Ter onderbouwing van het verzoek heeft verzoekster het volgende aangevoerd. Verzoekster heeft een adoptiezus, [adoptiezus] , geboren op [geboortedatum] te [plaats] , die ook door de adoptievader en de adoptiemoeder is geadopteerd. De adoptievader en de adoptiemoeder zijn gescheiden toen verzoekster ongeveer 12 jaar oud was.
Herroeping van de adoptie is in haar kennelijk belang. Zij wil op geen enkele wijze nog contact met haar adoptievader en adoptiemoeder en [adoptiezus] hebben en zij wil de juridische en emotionele banden met hen geheel verbreken. Zij wil op zoek naar haar eigen identiteit, onder meer door op zoek te gaan naar haar biologische ouders.
Verzoekster stelt dat zij door de adoptievader seksueel is misbruikt vanaf haar 4e levensjaar tot haar 14e levensjaar. De adoptiemoeder heeft hierover altijd een “neutraal” standpunt ingenomen en heeft, voor het gevoel van verzoekster, daarmee de kant gekozen van de adoptievader.
Toen verzoekster 22 jaar oud was heeft zij voor het eerst over haar verleden kunnen praten met een psycholoog. Zij heeft toen pas onder ogen willen/kunnen zien wat zich in het verleden heeft afgespeeld. Zij heeft uiteindelijk aangifte gedaan van het seksueel misbruik toen zij 24 jaar oud was.

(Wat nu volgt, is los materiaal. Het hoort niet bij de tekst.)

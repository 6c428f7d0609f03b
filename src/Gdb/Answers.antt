-- ===== src/Gdb/Answers.antt =====
-- How many packets answer a packet: `GDB::gdb_main_loop` of main/gdb_main.cpp.
use blackmagic_espidf.Base.{
  ℕ, ◌+◌, ◌≡◌, refl, Bool, false, if◌then◌else◌, none, some, List, [], ◌∷◌, ◌++◌, ◌==◌, arith,
}
use blackmagic_espidf.Base.Text.{codes}
use blackmagic_espidf.Gdb.Poll.{
  Reason, halt_running, halt_error, halt_request, halt_watchpoint, halt_fault, halt_other,
  on_halt_reason,
}
use blackmagic_espidf.Gdb.Memory.{read_memory, read_reply, write_memory, write_binary, write_reply}
use blackmagic_espidf.Gdb.State.{
  Pointer, Server, Client, Effect, call, command_process, send, notification, Probe, put,
}
use blackmagic_espidf.Gdb.Run.{detach, kill}
use blackmagic_espidf.Gdb.Registers.{
  read_regs, write_regs, read_reg, write_reg, on_read_memory, on_write_memory, on_write_binary,
  handle_z_packet,
}
use blackmagic_espidf.Gdb.Verbose.{
  on_attach, run_attached, on_flash_erase, on_flash_write, act, actions, on_cont, on_flash_done,
  on_stopped, answered_kill,
}
use blackmagic_espidf.Gdb.Server.{on_reason, on_other}

unfoldable pub answers : List Effect → ℕ
answers [] = 0
answers (call f p ∷ es) = answers es
answers (command_process p text ∷ es) = answers es
answers (notification text ∷ es) = answers es
answers (send (first, text) ∷ es) = (if first == b'$' then 1 else 0) + answers es

pub append-answers : (xs ys : List Effect) → answers (xs ++ ys) ≡ answers xs + answers ys
unfolding answers
append-answers [] ys = omega arith
append-answers (call f p ∷ xs) ys = append-answers xs ys
append-answers (command_process p text ∷ xs) ys = append-answers xs ys
append-answers (notification text ∷ xs) ys = append-answers xs ys
append-answers (send (first, text) ∷ xs) ys = omega (arith, append-answers xs ys)

act-answers : (t a : ℕ) (c : Client) → answers (act t a c).1 ≡ 0
unfolding act answers
act-answers t a c = ground arith

actions-answers : (t : ℕ) (text : List ℕ) (c : Client) → answers (actions t text c).1 ≡ 0
unfolding actions answers
actions-answers t [] c = refl
actions-answers t (a ∷ rest) c =
    let (c', done) = act t a c in
    let both = append-answers done (actions t rest c').1 in
    let h = act-answers t a c in let h' = actions-answers t rest c' in ground arith

module _ (w : Probe) (last : Pointer) (mode : Bool) (c : Client) where
  abbrev pub at : Pointer → Server
  at cur = record { cur_target = cur; last_target = last; flash_mode = mode }

  pub read_regs-answers : (cur : Pointer) → answers (read_regs w (at cur) c).effects ≡ 1
  unfolding read_regs answers
  read_regs-answers none = ground arith
  read_regs-answers (some t) = ground arith

  pub write_regs-answers :
      (pbuf : List ℕ) (cur : Pointer) → answers (write_regs w (at cur) c pbuf).effects ≡ 1
  unfolding write_regs answers
  write_regs-answers pbuf none = ground arith
  write_regs-answers pbuf (some t) = ground arith

  pub read_reg-answers :
      (pbuf : List ℕ) (cur : Pointer) → answers (read_reg w (at cur) c pbuf).effects ≡ 1
  unfolding read_reg answers
  read_reg-answers pbuf none = ground arith
  read_reg-answers pbuf (some t) = ground arith

  pub write_reg-answers :
      (pbuf : List ℕ) (cur : Pointer) → answers (write_reg w (at cur) c pbuf).effects ≡ 1
  unfolding write_reg answers
  write_reg-answers pbuf none = ground arith
  write_reg-answers pbuf (some t) = ground arith

  pub on_read_memory-answers :
      (pbuf : List ℕ) (cur : Pointer) → answers (on_read_memory w (at cur) c pbuf).effects ≡ 1
  unfolding on_read_memory read_memory read_reply answers
  on_read_memory-answers pbuf none = ground arith
  on_read_memory-answers pbuf (some t) = ground arith

  pub on_write_memory-answers :
      (pbuf : List ℕ) (size : ℕ) (cur : Pointer)
      → answers (on_write_memory w (at cur) c pbuf size).effects ≡ 1
  unfolding on_write_memory write_memory write_reply answers
  on_write_memory-answers pbuf size none = ground arith
  on_write_memory-answers pbuf size (some t) = ground arith

  pub on_write_binary-answers :
      (pbuf : List ℕ) (size : ℕ) (cur : Pointer)
      → answers (on_write_binary w (at cur) c pbuf size).effects ≡ 1
  unfolding on_write_binary write_binary write_reply answers
  on_write_binary-answers pbuf size none = ground arith
  on_write_binary-answers pbuf size (some t) = ground arith

  pub handle_z_packet-answers :
      (packet : List ℕ) (cur : Pointer) → answers (handle_z_packet w (at cur) c packet).effects ≡ 1
  unfolding handle_z_packet answers
  handle_z_packet-answers packet none = ground arith
  handle_z_packet-answers packet (some t) = ground arith

  pub detach-answers : (cur : Pointer) → answers (detach (at cur) c).effects ≡ 1
  unfolding detach answers
  detach-answers none = ground arith
  detach-answers (some t) = ground arith

  pub on_flash_erase-answers :
      (addr len : ℕ) (cur : Pointer) → answers (on_flash_erase w (at cur) c addr len).effects ≡ 1
  unfolding on_flash_erase answers
  on_flash_erase-answers addr len none = ground arith
  on_flash_erase-answers addr len (some t) = ground arith

  pub on_flash_write-answers :
      (addr : ℕ) (bytes : List ℕ) (cur : Pointer)
      → answers (on_flash_write w (at cur) c addr bytes).effects ≡ 1
  unfolding on_flash_write answers
  on_flash_write-answers addr bytes none = ground arith
  on_flash_write-answers addr bytes (some t) = ground arith

  pub on_attach-answers : (cur p : Pointer) → answers (on_attach (at cur) c p).effects ≡ 1
  unfolding on_attach answers
  on_attach-answers cur none = refl
  on_attach-answers cur (some t) = refl

  pub on_cont-answers :
      (text : List ℕ) (cur : Pointer) → answers (on_cont (at cur) c text).effects ≡ 1
  unfolding on_cont answers
  on_cont-answers text none = ground arith
  on_cont-answers text (some t) =
      let (c', es) = actions t text (record c { single_step = false }) in
      let both = append-answers es (put (codes "OK") ∷ []) in
      let h = actions-answers t text (record c { single_step = false }) in ground arith

  pub run_attached-answers :
      (text : List ℕ) (cur p : Pointer) → answers (run_attached (at cur) c text p).effects ≡ 1
  unfolding run_attached answers
  run_attached-answers text cur none = refl
  run_attached-answers text cur (some t) = refl

  pub on_stopped-answers : (cur : Pointer) → answers (on_stopped (at cur) c).effects ≡ 1
  unfolding on_stopped answers
  on_stopped-answers cur = ground arith

  pub on_flash_done-answers : (cur : Pointer) → answers (on_flash_done w (at cur) c).effects ≡ 1
  unfolding on_flash_done answers
  on_flash_done-answers cur = ground arith

  pub vkill-answers : (cur : Pointer) → answers (answered_kill (kill (at cur) c)).effects ≡ 1
  unfolding kill answers
  vkill-answers none = refl
  vkill-answers (some t) = refl

  pub on_other-answers :
      (packet : List ℕ) (cur : Pointer) → answers (on_other w (at cur) c packet).effects ≡ 1
  unfolding on_other answers
  on_other-answers packet cur = ground arith

  pub on_reason-answers :
      (reason : Reason) (cur : Pointer) → answers (on_reason reason (at cur) c).effects ≡ 1
  unfolding on_reason on_halt_reason answers
  on_reason-answers reason none = refl
  on_reason-answers halt_running (some t) = refl
  on_reason-answers halt_error (some t) = refl
  on_reason-answers halt_request (some t) = refl
  on_reason-answers (halt_watchpoint watch) (some t) = refl
  on_reason-answers halt_fault (some t) = refl
  on_reason-answers halt_other (some t) = refl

Er is een strafrechtelijk onderzoek geweest dat lange tijd heeft geduurd. De adoptievader is echter nooit veroordeeld.
Vanaf haar jeugd heeft verzoekster een slechte verstandhouding met de adoptievader en de adoptiemoeder gehad, het misbruik heeft daar zeker in mee gespeeld. Van haar 22e levensjaar tot haar 32e levensjaar heeft verzoekster helemaal geen contact gehad met de adoptievader. In die periode heeft zij nog wel af en toe contact gehad met de adoptiemoeder en [adoptiezus] , hoewel dat contact altijd moeizaam is geweest. Ongeveer drie jaar geleden heeft verzoekster weer contact gezocht met de adoptievader, zij kan niet goed uitleggen waarom zij deze behoefte voelde. Tot januari 2017 heeft zij af en toe contact gehad met de adoptievader. In januari 2017 heeft verzoekster haar wens om de adoptie te laten herroepen uitgesproken tegenover de adoptievader, adoptiemoeder en [adoptiezus] . Vanaf kort daarna is er bewust geen contact meer geweest. De adoptievader heeft aangegeven tegen die wens geen “nee” te zeggen en de adoptiemoeder heeft niet gereageerd. [adoptiezus] heeft aangegeven dan geen verder contact met verzoekster te willen hebben.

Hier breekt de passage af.